> [WHAT THE EXERCISE ASKS] Find every line of the records that has "gives" and return it.

►

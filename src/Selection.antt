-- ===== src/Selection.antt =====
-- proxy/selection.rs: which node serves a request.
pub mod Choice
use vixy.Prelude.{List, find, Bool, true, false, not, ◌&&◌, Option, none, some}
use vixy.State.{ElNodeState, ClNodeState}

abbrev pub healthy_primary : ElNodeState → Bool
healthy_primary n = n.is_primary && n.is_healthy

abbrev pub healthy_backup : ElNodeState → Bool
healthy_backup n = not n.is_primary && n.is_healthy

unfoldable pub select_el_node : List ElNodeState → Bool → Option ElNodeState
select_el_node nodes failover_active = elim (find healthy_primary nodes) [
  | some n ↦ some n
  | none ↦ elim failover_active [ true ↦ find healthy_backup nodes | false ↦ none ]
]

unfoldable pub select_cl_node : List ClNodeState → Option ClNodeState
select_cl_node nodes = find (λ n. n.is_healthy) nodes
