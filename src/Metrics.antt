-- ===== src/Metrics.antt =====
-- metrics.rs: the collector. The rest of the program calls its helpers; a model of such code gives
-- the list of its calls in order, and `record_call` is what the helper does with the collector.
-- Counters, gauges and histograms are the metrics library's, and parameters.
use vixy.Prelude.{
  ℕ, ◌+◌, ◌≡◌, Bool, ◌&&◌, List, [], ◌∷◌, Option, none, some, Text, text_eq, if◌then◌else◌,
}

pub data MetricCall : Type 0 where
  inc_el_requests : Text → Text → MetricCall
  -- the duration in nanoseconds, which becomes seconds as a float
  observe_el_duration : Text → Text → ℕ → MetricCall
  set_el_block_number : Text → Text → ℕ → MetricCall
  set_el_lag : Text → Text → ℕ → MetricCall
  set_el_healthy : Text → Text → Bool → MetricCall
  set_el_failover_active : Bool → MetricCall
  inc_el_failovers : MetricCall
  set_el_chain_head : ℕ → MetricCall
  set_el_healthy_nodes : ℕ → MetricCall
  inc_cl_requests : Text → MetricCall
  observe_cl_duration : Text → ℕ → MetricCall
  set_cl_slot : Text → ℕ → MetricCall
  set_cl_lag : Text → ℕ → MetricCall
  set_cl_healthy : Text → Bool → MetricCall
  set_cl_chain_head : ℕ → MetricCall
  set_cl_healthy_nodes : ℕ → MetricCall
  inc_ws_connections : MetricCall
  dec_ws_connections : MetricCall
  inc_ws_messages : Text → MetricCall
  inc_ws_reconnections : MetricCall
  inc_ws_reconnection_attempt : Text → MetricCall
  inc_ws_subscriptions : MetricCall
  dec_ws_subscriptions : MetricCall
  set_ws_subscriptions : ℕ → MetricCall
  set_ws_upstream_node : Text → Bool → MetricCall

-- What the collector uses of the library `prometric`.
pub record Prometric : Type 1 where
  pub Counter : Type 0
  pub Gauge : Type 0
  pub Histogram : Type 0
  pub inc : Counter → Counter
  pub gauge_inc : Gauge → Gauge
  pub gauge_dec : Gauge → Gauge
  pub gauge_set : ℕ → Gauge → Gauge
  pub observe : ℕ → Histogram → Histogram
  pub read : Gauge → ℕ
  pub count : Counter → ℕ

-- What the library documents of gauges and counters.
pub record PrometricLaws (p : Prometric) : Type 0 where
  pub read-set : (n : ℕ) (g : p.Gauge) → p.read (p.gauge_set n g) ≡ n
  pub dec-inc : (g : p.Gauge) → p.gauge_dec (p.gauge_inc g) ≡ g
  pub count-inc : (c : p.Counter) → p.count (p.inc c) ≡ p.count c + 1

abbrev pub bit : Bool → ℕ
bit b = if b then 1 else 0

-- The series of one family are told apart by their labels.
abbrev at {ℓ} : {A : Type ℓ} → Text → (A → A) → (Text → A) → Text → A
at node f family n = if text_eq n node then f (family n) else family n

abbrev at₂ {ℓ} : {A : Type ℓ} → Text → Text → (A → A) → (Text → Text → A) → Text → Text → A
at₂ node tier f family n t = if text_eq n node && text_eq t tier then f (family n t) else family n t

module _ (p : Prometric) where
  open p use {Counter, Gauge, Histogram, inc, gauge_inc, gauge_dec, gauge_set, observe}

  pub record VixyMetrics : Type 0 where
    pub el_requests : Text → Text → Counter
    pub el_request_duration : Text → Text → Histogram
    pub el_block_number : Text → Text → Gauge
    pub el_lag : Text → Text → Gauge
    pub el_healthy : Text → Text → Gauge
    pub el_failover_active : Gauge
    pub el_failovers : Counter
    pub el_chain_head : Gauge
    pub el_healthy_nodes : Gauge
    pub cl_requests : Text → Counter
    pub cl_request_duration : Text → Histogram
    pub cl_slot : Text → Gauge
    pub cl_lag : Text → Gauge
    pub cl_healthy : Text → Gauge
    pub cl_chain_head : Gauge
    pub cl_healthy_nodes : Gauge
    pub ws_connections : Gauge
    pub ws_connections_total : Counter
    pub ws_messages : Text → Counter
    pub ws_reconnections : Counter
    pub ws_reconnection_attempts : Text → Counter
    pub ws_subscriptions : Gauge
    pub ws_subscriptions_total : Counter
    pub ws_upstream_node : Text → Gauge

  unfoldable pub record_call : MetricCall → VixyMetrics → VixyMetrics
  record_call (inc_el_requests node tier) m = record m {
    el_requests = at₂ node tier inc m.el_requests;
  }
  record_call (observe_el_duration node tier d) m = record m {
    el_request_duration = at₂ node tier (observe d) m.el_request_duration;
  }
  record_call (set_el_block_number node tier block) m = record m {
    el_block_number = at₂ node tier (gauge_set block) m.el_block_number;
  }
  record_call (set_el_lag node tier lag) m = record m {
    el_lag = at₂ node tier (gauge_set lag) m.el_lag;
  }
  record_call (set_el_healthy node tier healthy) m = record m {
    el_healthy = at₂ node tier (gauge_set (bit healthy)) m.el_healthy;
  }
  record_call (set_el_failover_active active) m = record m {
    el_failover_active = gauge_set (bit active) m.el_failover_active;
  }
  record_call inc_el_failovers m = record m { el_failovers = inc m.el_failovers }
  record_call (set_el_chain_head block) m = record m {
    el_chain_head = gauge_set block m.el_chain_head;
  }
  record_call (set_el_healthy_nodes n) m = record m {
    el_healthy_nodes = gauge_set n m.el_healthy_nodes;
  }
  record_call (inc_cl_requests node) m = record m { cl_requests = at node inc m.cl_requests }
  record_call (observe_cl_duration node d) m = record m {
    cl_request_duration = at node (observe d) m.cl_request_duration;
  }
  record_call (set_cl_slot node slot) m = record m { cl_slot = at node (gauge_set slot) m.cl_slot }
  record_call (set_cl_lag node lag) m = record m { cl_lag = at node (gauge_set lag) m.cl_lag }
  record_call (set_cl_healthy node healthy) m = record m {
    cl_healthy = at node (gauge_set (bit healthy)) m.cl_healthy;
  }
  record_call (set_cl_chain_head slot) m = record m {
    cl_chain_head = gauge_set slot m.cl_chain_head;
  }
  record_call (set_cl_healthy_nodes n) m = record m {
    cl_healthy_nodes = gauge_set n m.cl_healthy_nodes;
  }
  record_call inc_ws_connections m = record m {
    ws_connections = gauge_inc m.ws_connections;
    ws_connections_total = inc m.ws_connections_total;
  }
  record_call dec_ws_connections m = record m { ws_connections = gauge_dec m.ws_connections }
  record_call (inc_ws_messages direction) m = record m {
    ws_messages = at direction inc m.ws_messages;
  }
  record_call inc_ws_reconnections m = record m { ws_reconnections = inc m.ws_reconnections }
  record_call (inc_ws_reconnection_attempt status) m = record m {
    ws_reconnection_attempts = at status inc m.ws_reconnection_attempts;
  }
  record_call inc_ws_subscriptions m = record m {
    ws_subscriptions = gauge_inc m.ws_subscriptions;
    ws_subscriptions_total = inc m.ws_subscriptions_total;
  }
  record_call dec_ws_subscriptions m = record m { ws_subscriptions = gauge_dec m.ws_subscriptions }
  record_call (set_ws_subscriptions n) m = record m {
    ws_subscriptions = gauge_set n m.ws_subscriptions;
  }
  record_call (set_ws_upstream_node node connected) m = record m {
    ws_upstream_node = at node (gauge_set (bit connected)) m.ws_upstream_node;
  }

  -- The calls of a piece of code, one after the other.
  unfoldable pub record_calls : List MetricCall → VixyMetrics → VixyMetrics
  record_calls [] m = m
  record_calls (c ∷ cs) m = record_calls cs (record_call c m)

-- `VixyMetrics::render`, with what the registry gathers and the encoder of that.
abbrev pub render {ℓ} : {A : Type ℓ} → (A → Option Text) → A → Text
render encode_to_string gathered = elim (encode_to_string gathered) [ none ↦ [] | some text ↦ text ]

◄
►

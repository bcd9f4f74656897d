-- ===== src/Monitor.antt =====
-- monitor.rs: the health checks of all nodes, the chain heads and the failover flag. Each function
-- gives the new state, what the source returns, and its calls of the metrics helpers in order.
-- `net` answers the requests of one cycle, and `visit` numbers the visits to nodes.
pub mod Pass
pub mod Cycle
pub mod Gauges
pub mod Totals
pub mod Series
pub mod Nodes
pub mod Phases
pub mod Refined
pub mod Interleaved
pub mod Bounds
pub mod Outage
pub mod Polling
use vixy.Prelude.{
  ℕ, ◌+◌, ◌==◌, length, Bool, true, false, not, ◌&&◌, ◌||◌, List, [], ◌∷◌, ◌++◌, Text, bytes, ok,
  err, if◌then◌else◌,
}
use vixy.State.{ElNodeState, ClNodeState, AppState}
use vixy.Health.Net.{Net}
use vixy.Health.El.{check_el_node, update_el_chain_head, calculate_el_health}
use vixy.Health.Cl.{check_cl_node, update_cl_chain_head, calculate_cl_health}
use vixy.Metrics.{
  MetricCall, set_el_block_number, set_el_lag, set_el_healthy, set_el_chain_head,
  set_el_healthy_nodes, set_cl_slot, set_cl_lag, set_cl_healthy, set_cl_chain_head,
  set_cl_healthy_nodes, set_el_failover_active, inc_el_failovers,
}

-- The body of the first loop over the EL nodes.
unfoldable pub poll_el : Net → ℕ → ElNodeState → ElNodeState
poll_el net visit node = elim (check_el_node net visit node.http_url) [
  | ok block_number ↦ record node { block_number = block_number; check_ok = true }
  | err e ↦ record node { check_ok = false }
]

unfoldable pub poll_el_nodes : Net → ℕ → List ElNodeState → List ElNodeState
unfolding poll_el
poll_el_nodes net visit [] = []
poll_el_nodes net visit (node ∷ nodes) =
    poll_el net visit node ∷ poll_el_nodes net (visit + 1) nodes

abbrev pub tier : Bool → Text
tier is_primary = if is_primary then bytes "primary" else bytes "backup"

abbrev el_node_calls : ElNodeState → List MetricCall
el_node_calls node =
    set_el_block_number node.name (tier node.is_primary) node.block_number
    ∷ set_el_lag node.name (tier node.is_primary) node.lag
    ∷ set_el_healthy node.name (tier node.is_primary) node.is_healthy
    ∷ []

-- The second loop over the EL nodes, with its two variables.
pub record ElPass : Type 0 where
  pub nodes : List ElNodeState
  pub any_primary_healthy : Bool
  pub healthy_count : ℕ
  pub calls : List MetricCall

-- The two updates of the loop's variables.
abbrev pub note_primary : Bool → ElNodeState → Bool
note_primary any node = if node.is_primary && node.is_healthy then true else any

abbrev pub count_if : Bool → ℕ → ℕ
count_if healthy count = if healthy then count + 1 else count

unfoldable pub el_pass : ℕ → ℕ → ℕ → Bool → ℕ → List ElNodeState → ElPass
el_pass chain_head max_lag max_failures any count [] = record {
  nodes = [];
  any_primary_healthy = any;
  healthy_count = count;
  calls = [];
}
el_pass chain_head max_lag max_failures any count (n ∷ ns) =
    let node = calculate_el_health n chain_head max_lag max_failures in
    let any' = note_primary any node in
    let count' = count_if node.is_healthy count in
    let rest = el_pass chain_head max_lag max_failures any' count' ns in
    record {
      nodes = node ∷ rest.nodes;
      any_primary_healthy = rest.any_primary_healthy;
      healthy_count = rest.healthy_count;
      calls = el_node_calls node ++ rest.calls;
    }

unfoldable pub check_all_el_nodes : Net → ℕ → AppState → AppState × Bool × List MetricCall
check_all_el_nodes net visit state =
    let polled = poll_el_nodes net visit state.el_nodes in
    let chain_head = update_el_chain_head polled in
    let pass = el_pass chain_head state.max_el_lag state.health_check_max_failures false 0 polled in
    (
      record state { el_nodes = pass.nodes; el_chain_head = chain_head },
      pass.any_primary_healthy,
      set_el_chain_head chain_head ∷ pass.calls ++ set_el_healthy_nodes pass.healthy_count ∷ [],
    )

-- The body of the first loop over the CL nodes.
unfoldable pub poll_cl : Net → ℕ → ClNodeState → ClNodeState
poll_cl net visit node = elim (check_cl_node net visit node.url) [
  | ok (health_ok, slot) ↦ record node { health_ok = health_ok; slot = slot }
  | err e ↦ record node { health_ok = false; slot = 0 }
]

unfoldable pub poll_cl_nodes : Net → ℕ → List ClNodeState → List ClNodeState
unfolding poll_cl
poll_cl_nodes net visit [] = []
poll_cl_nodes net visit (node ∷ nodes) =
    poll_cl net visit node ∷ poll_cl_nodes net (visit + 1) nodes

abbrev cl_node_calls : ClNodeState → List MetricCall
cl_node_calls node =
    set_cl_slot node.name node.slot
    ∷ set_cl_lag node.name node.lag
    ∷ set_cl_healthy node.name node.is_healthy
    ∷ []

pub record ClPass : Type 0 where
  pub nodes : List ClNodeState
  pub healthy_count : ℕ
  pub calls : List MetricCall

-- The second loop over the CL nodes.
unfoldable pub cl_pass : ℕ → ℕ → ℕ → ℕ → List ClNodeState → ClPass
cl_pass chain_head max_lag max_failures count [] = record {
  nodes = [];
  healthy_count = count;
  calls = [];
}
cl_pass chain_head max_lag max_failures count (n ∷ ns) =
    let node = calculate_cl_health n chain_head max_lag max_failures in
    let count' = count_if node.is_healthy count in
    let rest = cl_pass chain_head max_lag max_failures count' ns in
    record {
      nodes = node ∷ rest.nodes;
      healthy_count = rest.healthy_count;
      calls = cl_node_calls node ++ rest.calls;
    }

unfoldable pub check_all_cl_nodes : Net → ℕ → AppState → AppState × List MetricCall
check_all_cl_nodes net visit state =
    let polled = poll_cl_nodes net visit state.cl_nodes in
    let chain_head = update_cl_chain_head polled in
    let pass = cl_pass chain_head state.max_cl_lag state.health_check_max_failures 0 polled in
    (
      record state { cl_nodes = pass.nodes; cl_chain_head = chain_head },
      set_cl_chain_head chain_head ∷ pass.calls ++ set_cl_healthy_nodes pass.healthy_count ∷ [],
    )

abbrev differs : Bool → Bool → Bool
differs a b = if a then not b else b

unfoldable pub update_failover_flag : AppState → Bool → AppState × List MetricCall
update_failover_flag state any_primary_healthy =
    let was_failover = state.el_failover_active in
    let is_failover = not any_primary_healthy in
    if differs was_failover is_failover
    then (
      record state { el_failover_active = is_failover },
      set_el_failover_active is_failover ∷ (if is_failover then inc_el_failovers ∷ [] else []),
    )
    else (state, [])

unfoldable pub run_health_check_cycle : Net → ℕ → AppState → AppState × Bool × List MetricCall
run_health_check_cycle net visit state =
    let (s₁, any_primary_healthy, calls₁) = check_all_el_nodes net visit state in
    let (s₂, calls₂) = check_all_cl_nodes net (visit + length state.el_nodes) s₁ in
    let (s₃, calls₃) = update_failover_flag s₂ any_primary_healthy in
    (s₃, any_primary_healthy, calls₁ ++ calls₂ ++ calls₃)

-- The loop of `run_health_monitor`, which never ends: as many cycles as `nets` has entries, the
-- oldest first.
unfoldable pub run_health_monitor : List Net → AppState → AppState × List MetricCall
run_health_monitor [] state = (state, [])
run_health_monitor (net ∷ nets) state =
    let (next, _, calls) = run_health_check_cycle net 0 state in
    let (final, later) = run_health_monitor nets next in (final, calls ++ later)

◄

> [EXERCISE SOLUTION]
-- metrics.rs: the collector. The rest of the program calls its helpers; a model of such code gives
-- gives the new state, what the source returns, and its calls of the metrics helpers in order.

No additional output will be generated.